## Goal of the exercise
There is material below. Print exactly the lines starting at the line with "pub format_int : ℤ → String" and ending at the line with "pub wechat_auth_url : String → String", ends included, and no others.

## Entries supplied

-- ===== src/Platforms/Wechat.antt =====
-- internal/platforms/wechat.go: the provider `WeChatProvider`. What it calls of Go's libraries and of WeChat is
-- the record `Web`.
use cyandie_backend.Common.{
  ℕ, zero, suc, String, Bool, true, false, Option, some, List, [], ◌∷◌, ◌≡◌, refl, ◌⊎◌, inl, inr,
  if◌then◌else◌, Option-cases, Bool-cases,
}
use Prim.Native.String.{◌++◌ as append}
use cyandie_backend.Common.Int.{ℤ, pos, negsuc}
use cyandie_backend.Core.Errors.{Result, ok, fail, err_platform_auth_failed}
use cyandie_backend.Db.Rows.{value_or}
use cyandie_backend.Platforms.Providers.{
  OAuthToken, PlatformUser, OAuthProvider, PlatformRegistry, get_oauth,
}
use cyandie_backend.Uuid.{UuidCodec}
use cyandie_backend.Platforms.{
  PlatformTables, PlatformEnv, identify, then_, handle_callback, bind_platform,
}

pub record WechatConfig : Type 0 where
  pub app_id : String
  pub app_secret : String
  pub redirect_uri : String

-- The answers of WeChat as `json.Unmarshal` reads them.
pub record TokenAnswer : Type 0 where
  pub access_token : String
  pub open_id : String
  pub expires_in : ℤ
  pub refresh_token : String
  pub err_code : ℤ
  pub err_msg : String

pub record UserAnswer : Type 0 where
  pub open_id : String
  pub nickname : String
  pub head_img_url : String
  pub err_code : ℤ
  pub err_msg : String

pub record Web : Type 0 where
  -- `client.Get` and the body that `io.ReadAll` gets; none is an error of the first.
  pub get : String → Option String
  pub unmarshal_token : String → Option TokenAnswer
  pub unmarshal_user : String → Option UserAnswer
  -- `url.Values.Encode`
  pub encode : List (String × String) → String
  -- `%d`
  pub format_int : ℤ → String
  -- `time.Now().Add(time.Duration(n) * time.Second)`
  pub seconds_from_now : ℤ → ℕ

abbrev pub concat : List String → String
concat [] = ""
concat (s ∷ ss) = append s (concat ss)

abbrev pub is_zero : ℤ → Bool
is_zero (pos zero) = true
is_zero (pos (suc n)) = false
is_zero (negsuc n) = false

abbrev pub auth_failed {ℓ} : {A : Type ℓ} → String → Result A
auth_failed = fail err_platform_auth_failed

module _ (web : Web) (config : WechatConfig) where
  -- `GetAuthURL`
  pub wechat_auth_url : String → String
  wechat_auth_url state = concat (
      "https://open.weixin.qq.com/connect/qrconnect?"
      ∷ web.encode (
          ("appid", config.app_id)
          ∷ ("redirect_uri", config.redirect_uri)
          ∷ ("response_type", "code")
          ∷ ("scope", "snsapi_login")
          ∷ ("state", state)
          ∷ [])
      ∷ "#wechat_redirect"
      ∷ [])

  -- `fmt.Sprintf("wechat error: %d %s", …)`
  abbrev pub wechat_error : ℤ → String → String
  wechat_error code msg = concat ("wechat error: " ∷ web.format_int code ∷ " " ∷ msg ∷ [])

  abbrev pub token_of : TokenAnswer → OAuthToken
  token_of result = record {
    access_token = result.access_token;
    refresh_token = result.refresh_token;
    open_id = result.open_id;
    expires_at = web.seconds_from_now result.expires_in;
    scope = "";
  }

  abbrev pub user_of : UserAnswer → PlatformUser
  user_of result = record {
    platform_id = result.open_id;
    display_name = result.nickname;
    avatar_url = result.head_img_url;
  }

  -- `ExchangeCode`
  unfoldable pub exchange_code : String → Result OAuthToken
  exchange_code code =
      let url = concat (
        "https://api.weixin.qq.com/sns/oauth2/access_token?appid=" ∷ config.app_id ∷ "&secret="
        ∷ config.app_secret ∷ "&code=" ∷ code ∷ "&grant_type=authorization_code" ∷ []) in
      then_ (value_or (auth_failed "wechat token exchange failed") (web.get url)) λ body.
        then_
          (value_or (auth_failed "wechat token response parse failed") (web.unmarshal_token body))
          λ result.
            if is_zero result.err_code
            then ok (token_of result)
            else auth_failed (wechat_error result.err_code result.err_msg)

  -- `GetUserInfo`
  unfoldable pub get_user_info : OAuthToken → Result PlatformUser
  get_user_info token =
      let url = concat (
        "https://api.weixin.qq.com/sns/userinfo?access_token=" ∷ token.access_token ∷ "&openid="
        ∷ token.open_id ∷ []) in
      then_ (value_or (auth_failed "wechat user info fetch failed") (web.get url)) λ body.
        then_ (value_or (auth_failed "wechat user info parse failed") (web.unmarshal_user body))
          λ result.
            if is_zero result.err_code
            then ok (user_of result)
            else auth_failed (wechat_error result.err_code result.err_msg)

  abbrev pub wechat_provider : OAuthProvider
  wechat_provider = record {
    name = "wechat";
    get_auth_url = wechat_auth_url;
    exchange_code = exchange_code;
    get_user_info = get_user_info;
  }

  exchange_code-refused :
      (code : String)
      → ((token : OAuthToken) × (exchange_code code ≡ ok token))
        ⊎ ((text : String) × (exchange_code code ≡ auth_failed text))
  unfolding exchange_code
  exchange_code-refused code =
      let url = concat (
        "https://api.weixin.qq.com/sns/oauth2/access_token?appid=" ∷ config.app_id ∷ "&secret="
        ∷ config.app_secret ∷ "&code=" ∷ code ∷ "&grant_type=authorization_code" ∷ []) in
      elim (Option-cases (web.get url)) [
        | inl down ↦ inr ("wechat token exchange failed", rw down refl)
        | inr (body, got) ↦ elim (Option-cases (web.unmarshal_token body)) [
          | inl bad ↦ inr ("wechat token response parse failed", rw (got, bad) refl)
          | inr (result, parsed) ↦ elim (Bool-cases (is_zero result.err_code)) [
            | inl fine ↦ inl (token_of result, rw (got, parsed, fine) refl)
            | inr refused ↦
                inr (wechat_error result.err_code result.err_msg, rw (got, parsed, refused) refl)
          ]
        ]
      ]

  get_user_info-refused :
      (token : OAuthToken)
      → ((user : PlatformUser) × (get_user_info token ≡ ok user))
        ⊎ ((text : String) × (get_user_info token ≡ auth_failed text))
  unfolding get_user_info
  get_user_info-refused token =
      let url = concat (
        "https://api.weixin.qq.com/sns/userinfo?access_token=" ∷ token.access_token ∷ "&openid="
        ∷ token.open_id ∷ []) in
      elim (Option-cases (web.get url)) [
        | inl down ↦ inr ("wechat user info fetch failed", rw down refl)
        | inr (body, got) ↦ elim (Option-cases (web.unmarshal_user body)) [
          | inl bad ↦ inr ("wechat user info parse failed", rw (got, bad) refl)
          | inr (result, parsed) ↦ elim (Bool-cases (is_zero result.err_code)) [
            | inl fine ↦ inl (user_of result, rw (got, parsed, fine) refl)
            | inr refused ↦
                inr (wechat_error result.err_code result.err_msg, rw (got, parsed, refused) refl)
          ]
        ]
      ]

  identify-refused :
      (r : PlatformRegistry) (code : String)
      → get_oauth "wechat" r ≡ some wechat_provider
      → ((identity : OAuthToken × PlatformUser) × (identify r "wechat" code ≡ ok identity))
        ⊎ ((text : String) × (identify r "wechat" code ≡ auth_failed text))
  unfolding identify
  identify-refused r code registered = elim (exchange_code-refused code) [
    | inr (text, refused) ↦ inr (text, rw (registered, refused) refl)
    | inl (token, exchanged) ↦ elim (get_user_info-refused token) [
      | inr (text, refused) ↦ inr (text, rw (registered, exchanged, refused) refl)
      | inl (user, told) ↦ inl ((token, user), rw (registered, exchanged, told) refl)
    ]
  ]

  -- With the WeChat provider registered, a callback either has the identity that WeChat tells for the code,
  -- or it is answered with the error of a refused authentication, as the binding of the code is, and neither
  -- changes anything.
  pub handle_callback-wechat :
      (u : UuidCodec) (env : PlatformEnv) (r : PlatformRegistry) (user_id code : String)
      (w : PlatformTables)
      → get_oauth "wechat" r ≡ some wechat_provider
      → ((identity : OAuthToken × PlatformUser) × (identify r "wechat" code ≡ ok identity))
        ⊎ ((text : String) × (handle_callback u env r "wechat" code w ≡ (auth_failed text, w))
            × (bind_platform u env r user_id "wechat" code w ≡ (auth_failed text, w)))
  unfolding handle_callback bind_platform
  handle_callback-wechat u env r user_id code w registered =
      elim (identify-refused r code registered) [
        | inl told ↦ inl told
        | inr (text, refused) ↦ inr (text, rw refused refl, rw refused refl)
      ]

==

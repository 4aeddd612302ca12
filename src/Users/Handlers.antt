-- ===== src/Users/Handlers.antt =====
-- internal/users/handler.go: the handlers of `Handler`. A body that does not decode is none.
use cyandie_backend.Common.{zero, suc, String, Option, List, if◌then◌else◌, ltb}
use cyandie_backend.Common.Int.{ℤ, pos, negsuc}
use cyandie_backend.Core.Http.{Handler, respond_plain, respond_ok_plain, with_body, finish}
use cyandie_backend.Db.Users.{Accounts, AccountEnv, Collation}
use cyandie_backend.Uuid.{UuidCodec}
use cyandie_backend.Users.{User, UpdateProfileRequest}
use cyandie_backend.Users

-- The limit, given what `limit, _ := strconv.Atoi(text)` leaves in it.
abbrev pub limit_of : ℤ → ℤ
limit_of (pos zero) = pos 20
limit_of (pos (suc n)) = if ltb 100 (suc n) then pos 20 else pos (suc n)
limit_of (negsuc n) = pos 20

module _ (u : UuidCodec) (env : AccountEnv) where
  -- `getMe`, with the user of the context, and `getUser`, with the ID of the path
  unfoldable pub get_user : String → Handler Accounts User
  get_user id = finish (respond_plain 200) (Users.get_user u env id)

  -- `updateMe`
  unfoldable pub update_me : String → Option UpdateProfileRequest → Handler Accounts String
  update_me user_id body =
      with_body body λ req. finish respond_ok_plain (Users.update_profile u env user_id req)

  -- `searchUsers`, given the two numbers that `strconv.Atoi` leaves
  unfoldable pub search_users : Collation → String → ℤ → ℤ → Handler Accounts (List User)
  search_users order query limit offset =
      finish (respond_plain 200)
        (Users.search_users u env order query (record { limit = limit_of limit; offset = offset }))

## Finished task
  pub format_int : ℤ → String
  -- `time.Now().Add(time.Duration(n) * time.Second)`
  pub seconds_from_now : ℤ → ℕ

abbrev pub concat : List String → String
concat [] = ""
concat (s ∷ ss) = append s (concat ss)

abbrev pub is_zero : ℤ → Bool
is_zero (pos zero) = true
is_zero (pos (suc n)) = false
is_zero (negsuc n) = false

abbrev pub auth_failed {ℓ} : {A : Type ℓ} → String → Result A
auth_failed = fail err_platform_auth_failed

module _ (web : Web) (config : WechatConfig) where
  -- `GetAuthURL`
  pub wechat_auth_url : String → String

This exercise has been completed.